Family violence strikes men, too
By Cathy Young | January 9, 2006
LAST MONTH, in a little-noticed end-of-the-year action, Congress reauthorized the Violence Against Women Act. The final version includes text that, for the first time, recognizes male victims of domestic violence and sexual assault. This is a step in the right direction of a balanced approach to family violence -- but only the first step.
The new language, included due to lobbying by men's advocacy groups, states that authorized federal grants can be given to programs that ''provide assistance to female victims, male victims, or both." There has been confusion over this issue in the past, and the clarification is most welcome.
No less important, the bill directs the General Accounting Office to ''conduct a study to establish the extent to which men, women, youth, and children are victims of domestic violence, dating violence, sexual assault, and stalking and the availability to all victims of shelter, counseling, legal representation, and other services commonly provided to victims of domestic violence." The text of this provision specifies that the study should rely not only on crime statistics but on public health and academic studies and should investigate whether services are available to male as well as female victims.
Whether men as well as women are victims of domestic violence has been the subject of many arguments and dueling statistics. Men's rights activists cite numerous family violence surveys showing that women are just as likely to be aggressors in the home as men, but often downplay the fact that women are at greater risk of injury. Battered women's groups point to Justice Department statistics from crime victimization surveys showing that 85 percent of intimate partner violence victims are women, but fail to mention that these surveys miss many violent acts that the victim does not regard as a crime. The 1996 National Violence Against Women Survey, cosponsored by the Centers for Disease Control and the National Institute of Justice, found that 38 percent of the approximately 2.3 million Americans who experience partner violence every year are men.

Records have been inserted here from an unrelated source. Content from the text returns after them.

-- ===== src/Spill/Memory/Contents.antt =====
-- What the sink holds, in buffers and segments, and the shards that it is kept apart by.
use mathlib.Core.List.{Perm, append_assoc, append-nil}
use mathlib.Core.List.Perm
use forge_ann.Prelude.{
  ℕ, ◌/◌, ◌^◌, ◌≤◌, ◌<◌, ◌≡◌, refl, ap, ◌∙◌, sym, false, leb, ◌==◌, if◌then◌else◌, Bool-cases, inl,
  inr, List, [], ◌∷◌, ◌++◌, map, length, All, All-append, AreDistinct, arith, max,
}
use forge_ann.Prelude.Results.{ok}
use forge_ann.Prelude.Sorting.{sort_by, sort_by-perm, All-sort_by}
use forge_ann.Spill.{PendingEdge, SpillRecord, from_pending_edge, spill_flag_mandatory}
use forge_ann.Spill.Memory.{
  Buffers, InMemorySpillSegment, InMemorySpillEdgeSink, push_record, encode_edges, by_source,
  encode_spill_records_by_shard, first_src, last_src, shard_ids,
}

-- The record of an edge whose source fits in a u32.
abbrev pub record_of : PendingEdge → SpillRecord
record_of edge = record {
  src = edge.p;
  dst = edge.c;
  hash = edge.hash;
  flags = if edge.mandatory then spill_flag_mandatory else 0;
  dist = edge.dist;
}

abbrev pub buffered : Buffers → List SpillRecord
buffered [] = []
buffered ((t, rs) ∷ buffers) = rs ++ buffered buffers

abbrev pub spilled : List InMemorySpillSegment → List SpillRecord
spilled [] = []
spilled (s ∷ segments) = s.records ++ spilled segments

abbrev pub contents : InMemorySpillEdgeSink → List SpillRecord
contents s = buffered s.buffers_by_shard ++ spilled s.segments

abbrev pub IsOfShard : ℕ → ℕ → SpillRecord → Type 0
IsOfShard shard_points shard r = r.src / shard_points ≡ shard

abbrev pub IsBuffer : ℕ → ℕ × List SpillRecord → Type 0
IsBuffer shard_points b = All (IsOfShard shard_points b.0) b.1

pub record IsSegment (shard_points : ℕ) (s : InMemorySpillSegment) : Type 0 where
  pub filled : 0 < length s.records
  pub first : s.src_min ≡ first_src s.records
  pub last : s.src_max ≡ last_src s.records
  pub apart : All (IsOfShard shard_points s.shard_id) s.records
  pub least : All (λ r. (s.src_min ≤ r.src) × (r.src ≤ s.src_max)) s.records
  pub min_in : s.src_min / shard_points ≡ s.shard_id
  pub max_in : s.src_max / shard_points ≡ s.shard_id

pub record IsSink (s : InMemorySpillEdgeSink) : Type 0 where
  pub positive : 0 < s.shard_points
  pub buffers : All (IsBuffer s.shard_points) s.buffers_by_shard
  pub distinct : AreDistinct (shard_ids s.buffers_by_shard)
  pub cut : All (IsSegment s.shard_points) s.segments

-- Groups of records.
push_record_lem :
    (sp shard : ℕ) (groups : Buffers) (r : SpillRecord)
    → IsOfShard sp shard r
    → All (IsBuffer sp) groups
    → (buffered (push_record groups shard r) ≡ buffered groups ++ (r ∷ []))
      × All (IsBuffer sp) (push_record groups shard r)
unfolding push_record
push_record_lem sp shard [] r q a = (refl, ((q, tt), tt))
push_record_lem sp shard ((t, rs) ∷ []) r q (p, a) = elim (Bool-cases (t == shard)) [
  | inl same ↦
      let e : shard ≡ t = ground arith in
      let q' : IsOfShard sp t r = q ∙ e in
      rw same (
        rw (append-nil rs, append-nil (rs ++ (r ∷ []))) refl,
        (All-append (IsOfShard sp t) rs (r ∷ []) p (q', tt), tt),
      )
  | inr other ↦ rw other (rw (append-nil rs) refl, (p, ((q, tt), tt)))
]
push_record_lem sp shard (g ∷ h ∷ groups) r q (p, a) =
    let (e, b) = push_record_lem sp shard (h ∷ groups) r q a in
    (ap (λ l. g.1 ++ l) e ∙ sym (append_assoc g.1 (buffered (h ∷ groups)) (r ∷ [])), (p, b))

encode_edges_lem :
    (sp : ℕ) (groups : Buffers) (edges : List PendingEdge)
    → All (λ e. e.p < 2 ^ 32) edges
    → All (IsBuffer sp) groups
    → (groups' : Buffers) × (encode_edges sp groups edges ≡ ok groups')
      × (buffered groups' ≡ buffered groups ++ map record_of edges)
      × All (IsBuffer sp) groups'
unfolding encode_edges from_pending_edge
encode_edges_lem sp groups [] h a = (groups, refl, sym (append-nil (buffered groups)), a)
encode_edges_lem sp groups (edge ∷ edges) (small, h) a =
    let fits : leb (2 ^ 32) edge.p ≡ false = ground arith in
    let r = record_of edge in
    let (e, b) = push_record_lem sp (edge.p / sp) groups r refl a in
    let (groups', f, c, d) = encode_edges_lem sp (push_record groups (edge.p / sp) r) edges h b in
    (
      groups',
      rw fits f,
      c
          ∙ ap (λ l. l ++ map record_of edges) e
          ∙ append_assoc (buffered groups) (r ∷ []) (map record_of edges),
      d,
    )

pub encode_lem :
    (sp : ℕ) (edges : List PendingEdge)
    → 0 < sp
    → All (λ e. e.p < 2 ^ 32) edges
    → (groups : Buffers) × (encode_spill_records_by_shard edges sp ≡ ok groups)
      × Perm (buffered groups) (map record_of edges)
      × All (IsBuffer sp) groups
unfolding encode_spill_records_by_shard
encode_lem sp edges pos h =
    let one : max sp 1 ≡ sp = omega arith in
    let (groups, e, f, a) =
      encode_edges_lem sp [] (sort_by by_source edges)
        (All-sort_by by_source (λ e. e.p < 2 ^ 32) edges h) tt in
    (groups, rw one e, rw f (Perm.map record_of (sort_by-perm by_source edges)), a)
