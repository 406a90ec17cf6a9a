-- ===== src/Spill/Runs/RoundTrip.antt =====
-- What is pushed is read from the segment, whatever is written behind it.
use mathlib.Core.List.{append_assoc, append-nil}
use forge_ann.Prelude.{
  ℕ, zero, suc, ◌+◌, ◌-◌, ◌*◌, ◌^◌, ◌<◌, ◌≡◌, refl, ap₂, ◌∙◌, true, false, ltb, leb, ◌==◌,
  if◌then◌else◌, Bool, some, List, [], ◌∷◌, ◌++◌, map, length, drop, All, arith,
}
use forge_ann.Prelude.Results.{ok}
use forge_ann.Bytes.{to_le_bytes, read_le-to_le_bytes}
use forge_ann.Spill.{
  PendingEdge, SpillRecord, from_pending_edge, to_pending_edge, spill_flag_mandatory,
}
use forge_ann.Spill.Memory.Contents.{record_of}
use forge_ann.Spill.Runs.{
  CandidateRunWriter, record_bytes, push, push_all, SpillSegmentDesc, SegmentReader, open_segment,
  read_record, read_edge, read_edges, segment_edges,
}

-- The fields of an edge are as wide as those of the record.
abbrev pub IsNarrow : PendingEdge → Type 0
IsNarrow e = (e.p < 2 ^ 32) × (e.c < 2 ^ 32) × (e.hash < 2 ^ 16) × (e.dist < 2 ^ 32)

abbrev pub run_bytes : List PendingEdge → List ℕ
run_bytes [] = []
run_bytes (e ∷ edges) = record_bytes (record_of e) ++ run_bytes edges

pub push_all_lem :
    (w : CandidateRunWriter) (edges : List PendingEdge)
    → All IsNarrow edges
    → push_all w edges
      ≡ ok (record w { file = w.file ++ run_bytes edges; records = w.records + length edges })
unfolding push_all push from_pending_edge
push_all_lem w [] a =
    let n : w.records + 0 ≡ w.records = omega arith in rw (append-nil w.file, n) refl
push_all_lem w (e ∷ edges) ((p, c, h, d), a) =
    let fits : leb (2 ^ 32) e.p ≡ false = ground arith in
    let n : w.records + 1 + length edges ≡ w.records + suc (length edges) = omega arith in
    let next : CandidateRunWriter = record {
      file = w.file ++ record_bytes (record_of e);
      records = w.records + 1;
    } in
    rw
      (
        fits,
        push_all_lem next edges a,
        append_assoc w.file (record_bytes (record_of e)) (run_bytes edges),
        n,
      )
      refl

read_record-record_bytes :
    (r : SpillRecord) (rest : List ℕ)
    → r.src < 2 ^ 32
    → r.dst < 2 ^ 32
    → r.hash < 2 ^ 16
    → r.flags < 2 ^ 16
    → r.dist < 2 ^ 32
    → read_record (record_bytes r ++ rest) ≡ some (r, rest)
unfolding read_record record_bytes
read_record-record_bytes r rest a b c d e =
    let b4 = to_le_bytes 4 r.dist in
    let b3 = to_le_bytes 2 r.flags ++ b4 in
    let b2 = to_le_bytes 2 r.hash ++ b3 in
    let b1 = to_le_bytes 4 r.dst ++ b2 in
    rw
      (
        append_assoc (to_le_bytes 4 r.src) b1 rest,
        read_le-to_le_bytes 4 r.src (b1 ++ rest) a,
        append_assoc (to_le_bytes 4 r.dst) b2 rest,
        read_le-to_le_bytes 4 r.dst (b2 ++ rest) b,
        append_assoc (to_le_bytes 2 r.hash) b3 rest,
        read_le-to_le_bytes 2 r.hash (b3 ++ rest) c,
        append_assoc (to_le_bytes 2 r.flags) b4 rest,
        read_le-to_le_bytes 2 r.flags (b4 ++ rest) d,
        read_le-to_le_bytes 4 r.dist rest e,
      )
      refl

flags_lem : (b : Bool) → (if b then spill_flag_mandatory else 0) < 2 ^ 16
flags_lem true = omega arith
flags_lem false = omega arith

read_edges-run_bytes :
    (edges : List PendingEdge) (fuel : ℕ) (rest : List ℕ)
    → All IsNarrow edges
    → 16 * length edges < fuel
    → read_edges fuel (record { bytes = run_bytes edges ++ rest; remaining = 16 * length edges })
      ≡ ok (map (λ e. to_pending_edge (record_of e)) edges)
unfolding read_edges read_edge to_pending_edge
read_edges-run_bytes edges zero rest a h = absurd (omega arith)
read_edges-run_bytes [] (suc fuel) rest a h = refl
read_edges-run_bytes (e ∷ edges) (suc fuel) rest ((p, c, k, d), a) h =
    let some_left : (16 * suc (length edges) == 0) ≡ false = ground arith in
    let enough : ltb (16 * suc (length edges)) 16 ≡ false = ground arith in
    let less : 16 * suc (length edges) - 16 ≡ 16 * length edges = omega arith in
    rw
      (
        some_left,
        enough,
        append_assoc (record_bytes (record_of e)) (run_bytes edges) rest,
        read_record-record_bytes (record_of e) (run_bytes edges ++ rest) p c k
            (flags_lem e.mandatory) d,
        less,
        read_edges-run_bytes edges fuel rest a (omega arith),
      )
      refl

drop_prefix : (xs ys : List ℕ) → drop (length xs) (xs ++ ys) ≡ ys
drop_prefix [] ys = refl
drop_prefix (x ∷ xs) ys = drop_prefix xs ys

-- Edges whose fields are as wide as those of a record are pushed behind whatever the file holds, 16 bytes each;
-- a segment of these bytes is read, from the file and whatever is written behind it later, as the
-- same edges in their order, with the rank and the flag that the source gives to a spilled edge.
pub segment_edges-push_all :
    (w : CandidateRunWriter) (edges : List PendingEdge) (later : List ℕ)
    (segment : SpillSegmentDesc)
    → All IsNarrow edges
    → segment.byte_offset ≡ length w.file
    → segment.byte_len ≡ 16 * length edges
    → (w' : CandidateRunWriter) × (push_all w edges ≡ ok w')
      × (w'.records ≡ w.records + length edges)
      × (segment_edges (w'.file ++ later) segment
          ≡ ok (map (λ e. to_pending_edge (record_of e)) edges))
unfolding segment_edges open_segment
segment_edges-push_all w edges later segment a at len =
    let reader : SegmentReader = record {
      bytes = run_bytes edges ++ later;
      remaining = 16 * length edges;
    } in
    let opened : open_segment ((w.file ++ run_bytes edges) ++ later) segment ≡ reader =
      rw
        (
          at,
          len,
          append_assoc w.file (run_bytes edges) later,
          drop_prefix w.file (run_bytes edges ++ later),
        )
        refl in
    (
      record w { file = w.file ++ run_bytes edges; records = w.records + length edges },
      push_all_lem w edges a,
      refl,
      ap₂ (λ n r. read_edges (suc n) r) len opened
          ∙ read_edges-run_bytes edges (suc (16 * length edges)) later a (omega arith),
    )

-- A record has 16 bytes.
pub length-run_bytes : (edges : List PendingEdge) → length (run_bytes edges) ≡ 16 * length edges
unfolding record_bytes to_le_bytes
length-run_bytes [] = omega arith
length-run_bytes (e ∷ edges) = omega (arith, length-run_bytes edges)
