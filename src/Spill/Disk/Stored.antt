-- ===== src/Spill/Disk/Stored.antt =====
-- What a flush stores: a segment that its part file gives back.
use forge_ann.Prelude.{
  ℕ, ◌+◌, ◌*◌, ◌≡◌, ◌≢◌, refl, sym, ap, ◌∙◌, true, false, ltb, ◌==◌, Bool-cases, Option-cases, inl,
  inr, some, List, [], ◌∷◌, ◌++◌, map, length, length-append, All, arith,
}
use forge_ann.Prelude.Results.{Result, ok, err}
use forge_ann.Prelude.Sorting.{sort_by, All-sort_by}
use forge_ann.Prelude.Usize.{saturating_add}
use forge_ann.Spill.{PendingEdge, SpillError, to_pending_edge}
use forge_ann.Spill.Memory.{by_source}
use forge_ann.Spill.Memory.Contents.{record_of}
use forge_ann.Spill.Runs.{CandidateRunWriter, SpillSegmentDesc, segment_edges}
use forge_ann.Spill.Runs.RoundTrip.{
  IsNarrow, run_bytes, push_all_lem, segment_edges-push_all, length-run_bytes,
}
use forge_ann.Spill.Disk.{
  ByShard, entry_of, with_entry, without_entry, SpillPartWriter, SpillState, open_part,
  finalize_part_writer, ensure_part_writer, segment_of, write_segment, flush_buffer,
}

module _ {A : Type 0} where
  entry_of-with_entry :
      (shard : ℕ) (a : A) (m : ByShard A) → entry_of shard (with_entry shard a m) ≡ some a
  unfolding entry_of with_entry
  entry_of-with_entry shard a [] = let same : (shard == shard) ≡ true = ground arith in rw same refl
  entry_of-with_entry shard a ((t, b) ∷ m) =
      let same : (shard == shard) ≡ true = ground arith in
      elim (Bool-cases (t == shard)) [
        | inl here ↦ rw (here, same) refl
        | inr there ↦ rw (there, there) (entry_of-with_entry shard a m)
      ]

  entry_of-with_entry_other :
      (t shard : ℕ) (a : A) (m : ByShard A)
      → t ≢ shard
      → entry_of t (with_entry shard a m) ≡ entry_of t m
  unfolding entry_of with_entry
  entry_of-with_entry_other t shard a [] n =
      let other : (shard == t) ≡ false = ground arith in rw other refl
  entry_of-with_entry_other t shard a ((u, b) ∷ m) n =
      let other : (shard == t) ≡ false = ground arith in
      elim (Bool-cases (u == shard)) [
        | inl here ↦ let apart : (u == t) ≡ false = ground arith in rw (here, other, apart) refl
        | inr there ↦ elim (Bool-cases (u == t)) [
          | inl found ↦ rw (there, found) refl
          | inr absent ↦ rw (there, absent) (entry_of-with_entry_other t shard a m n)
        ]
      ]

  entry_of-without_entry_other :
      (t shard : ℕ) (m : ByShard A) → t ≢ shard → entry_of t (without_entry shard m) ≡ entry_of t m
  unfolding entry_of without_entry
  entry_of-without_entry_other t shard [] n = refl
  entry_of-without_entry_other t shard ((u, b) ∷ m) n = elim (Bool-cases (u == shard)) [
    | inl here ↦ let apart : (u == t) ≡ false = ground arith in rw (here, apart) refl
    | inr there ↦ elim (Bool-cases (u == t)) [
      | inl found ↦ rw (there, found) refl
      | inr absent ↦ rw (there, absent) (entry_of-without_entry_other t shard m n)
    ]
  ]

-- The description of a part states its shard and the length of its file.
pub record IsPart (shard : ℕ) (part : SpillPartWriter) : Type 0 where
  pub of_shard : part.desc.shard_id ≡ shard
  pub tracked : part.desc.byte_len ≡ length part.writer.file

-- What a part gives back of a segment, whatever is written behind it later.
abbrev pub GivesBack : SpillPartWriter → SpillSegmentDesc → List PendingEdge → Type 0
GivesBack part segment edges =
    (later : List ℕ)
    → segment_edges (part.writer.file ++ later) segment
      ≡ ok (map (λ e. to_pending_edge (record_of e)) edges)

-- The writers of the other shards stay.
abbrev pub OthersStay : ℕ → SpillState → SpillState → Type 0
OthersStay shard s s' =
    (t : ℕ) → t ≢ shard → entry_of t s'.part_writers_by_shard ≡ entry_of t s.part_writers_by_shard

-- The shard has an open part after `s`.
pub record IsReady (shard : ℕ) (s s' : SpillState) : Type 0 where
  pub part : SpillPartWriter
  pub present : entry_of shard s'.part_writers_by_shard ≡ some part
  pub good : IsPart shard part
  pub others : OthersStay shard s s'
  pub manifest : s'.segment_manifest ≡ s.segment_manifest

open_part-IsReady : (s : SpillState) (shard : ℕ) → IsReady shard s (open_part s shard)
unfolding open_part
open_part-IsReady s shard = record {
  part = _;
  present = entry_of-with_entry shard _ s.part_writers_by_shard;
  good = record { of_shard = refl; tracked = refl };
  others = λ t n. entry_of-with_entry_other t shard _ s.part_writers_by_shard n;
  manifest = refl;
}

ensure_part_writer-IsReady :
    (s : SpillState) (shard pending_bytes : ℕ)
    → ((part : SpillPartWriter)
        → entry_of shard s.part_writers_by_shard ≡ some part
        → IsPart shard part)
    → IsReady shard s (ensure_part_writer s shard pending_bytes)
unfolding ensure_part_writer finalize_part_writer
ensure_part_writer-IsReady s shard pending_bytes good =
    elim (Option-cases (entry_of shard s.part_writers_by_shard)) [
      | inl none_open ↦ rw (none_open, ensure_part_writer) (open_part-IsReady s shard)
      | inr (part, e) ↦
          elim (Bool-cases
            (ltb s.part_max_bytes (saturating_add part.desc.byte_len pending_bytes))) [
              | inl over ↦
                  let fresh =
                    open_part-IsReady
                      (finalize_part_writer
                        (record s {
                          part_writers_by_shard = without_entry shard s.part_writers_by_shard;
                        })
                        part)
                      shard in
                  rw (e, ensure_part_writer, over)
                    (record {
                      part = fresh.part;
                      present = fresh.present;
                      good = fresh.good;
                      others = λ t n.
                          fresh.others t n
                          ∙ entry_of-without_entry_other t shard s.part_writers_by_shard n;
                      manifest = fresh.manifest;
                    })
              | inr within ↦
                  rw (e, ensure_part_writer, within)
                    (record {
                      part = part;
                      present = e;
                      good = good part e;
                      others = λ t n. refl;
                      manifest = refl;
                    })
            ]
    ]

-- A flush that has stored the edges of a shard's buffer.
pub record IsStored (s : SpillState) (shard : ℕ) (edges : List PendingEdge)
    (r : Result SpillError SpillState) : Type 0 where
  pub end : SpillState
  pub returns : r ≡ ok end
  pub segment : SpillSegmentDesc
  pub manifest : end.segment_manifest ≡ s.segment_manifest ++ (segment ∷ [])
  pub part : SpillPartWriter
  pub present : entry_of shard end.part_writers_by_shard ≡ some part
  pub good : IsPart shard part
  pub named : segment.file_id ≡ part.desc.file_id
  pub gives_back : GivesBack part segment edges
  pub others : OthersStay shard s end

-- The edges of a segment of the file that a writer has written.
read_back :
    SpillSegmentDesc
    → List ℕ
    → Result SpillError CandidateRunWriter
    → Result SpillError (List PendingEdge)
read_back segment later (ok w) = segment_edges (w.file ++ later) segment
read_back segment later (err e) = err e

write_segment-IsStored :
    (s : SpillState) (shard : ℕ) (part : SpillPartWriter) (staged : List PendingEdge)
    → All IsNarrow staged
    → IsPart shard part
    → IsStored s shard staged (write_segment s shard part staged)
unfolding write_segment segment_of read_back
write_segment-IsStored s shard part staged narrow good =
    let pushed = push_all_lem part.writer staged narrow in
    let written : CandidateRunWriter = record {
      file = part.writer.file ++ run_bytes staged;
      records = part.writer.records + length staged;
    } in
    let after : SpillPartWriter = record {
      desc = record part.desc { byte_len = part.desc.byte_len + 16 * length staged };
      writer = written;
    } in
    let lengths = length-append part.writer.file (run_bytes staged) in
    let run_length = length-run_bytes staged in
    let was = good.tracked in
    record {
      end = record s {
        part_writers_by_shard = with_entry shard after s.part_writers_by_shard;
        segment_manifest = s.segment_manifest ++ (segment_of shard part staged ∷ []);
      };
      returns = rw (pushed, write_segment) refl;
      segment = segment_of shard part staged;
      manifest = refl;
      part = after;
      present = entry_of-with_entry shard _ s.part_writers_by_shard;
      good = record { of_shard = good.of_shard; tracked = omega arith };
      named = refl;
      gives_back = λ later.
          let (w', same, count, back) =
            segment_edges-push_all part.writer staged later (segment_of shard part staged) narrow
              good.tracked refl in
          sym (ap (read_back (segment_of shard part staged) later) (sym same ∙ pushed)) ∙ back;
      others = λ t n. entry_of-with_entry_other t shard _ s.part_writers_by_shard n;
    }

-- For a buffer of edges whose fields are as wide as those of a record, and if the shard's open
-- part, where there is one, states its shard and the length of its file: the flush succeeds, with a
-- new part or the open one, and adds one segment to the manifest; that part's file, whatever is
-- written behind it later, gives back the edges of the buffer in order of their source, with the
-- rank and the flag of a spilled edge; the part keeps stating its shard and length, and the open
-- parts of other shards stay.
pub flush_buffer-IsStored :
    (s : SpillState) (shard : ℕ) (buffer : List PendingEdge)
    → All IsNarrow buffer
    → ((part : SpillPartWriter)
        → entry_of shard s.part_writers_by_shard ≡ some part
        → IsPart shard part)
    → IsStored s shard (sort_by by_source buffer) (flush_buffer s shard buffer)
unfolding flush_buffer
flush_buffer-IsStored s shard buffer narrow good =
    let staged = sort_by by_source buffer in
    let emptied = record s { buffers_by_shard = with_entry shard [] s.buffers_by_shard } in
    let ready = ensure_part_writer-IsReady emptied shard (16 * length staged) good in
    let now = ensure_part_writer emptied shard (16 * length staged) in
    let stored =
      write_segment-IsStored now shard ready.part staged
        (All-sort_by by_source IsNarrow buffer narrow) ready.good in
    rw (ready.present, flush_buffer)
      (record {
        end = stored.end;
        returns = stored.returns;
        segment = stored.segment;
        manifest = stored.manifest ∙ ap (λ m. m ++ (stored.segment ∷ [])) ready.manifest;
        part = stored.part;
        present = stored.present;
        good = stored.good;
        named = stored.named;
        gives_back = stored.gives_back;
        others = λ t n. stored.others t n ∙ ready.others t n;
      })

Too often, abused men have to fight an uphill battle to be taken seriously. Men are presumed to be able to take care of themselves because they are generally bigger and stronger; but that advantage can be neutralized by a weapon, a surprise attack, or a man's reluctance to use force against a woman even to fend off her assault. (The most reliable research shows that up to 35 percent of victims injured by violent partners are men.) Yet many domestic violence programs offer minimal or no services to men, and male victims often have to deal with attitudes that are considered Neanderthal if expressed toward women -- for instance, that they must have done something to provoke the assault.
Bias against male victims is harmful not only to men. It hurts children whose fathers are unable to remove them from abusive households and women whose brothers or sons are victims of abuse. Actually, it's bad for all women, who will never be truly equal unless they are held equally accountable for their actions.
The recognition of violence toward men in the new law is an important achievement. But some major problems with the legislation remain.
First, the law has created a symbiotic relationship between the federal government and the battered women's advocacy movement. State coalitions against domestic violence play a vital role in the implementation of programs and policies based on the law. Unfortunately, most of these groups espouse a radical feminist ideology that reduces the complex issues of abuse to ''women good, men bad" -- a secular religion with the patriarchy as the devil. Take this tidbit from the website of the Arizona Coalition Against Domestic Violence: ''All men benefit from the violence of batterers. There is no man who has not enjoyed the male privilege resulting from male domination reinforced by the use of physical violence. . . . Battering by individual men keeps all women in line." This is hateful stuff.
Congress should have directed each state to create a domestic violence board to oversee the implementation of Violence Against Women Act programs, with no more than a quarter or a third of the seats going to members of battered women's groups and the rest to scholars, mental health professionals, and community activists.
In addition, the gender-specific title of the legislation still perpetuates the notion that violence against women deserves special concern. A gender-neutral title such as ''The Family Violence and Sexual Assault Prevention Act" would have sent a much better message.
Still, the bill creates new opportunities to ensure fairness in domestic violence services, and that counts for a great deal. These opportunities should not be missed.
Cathy Young is a contributing editor at Reason magazine. Her column appears regularly in the Globe.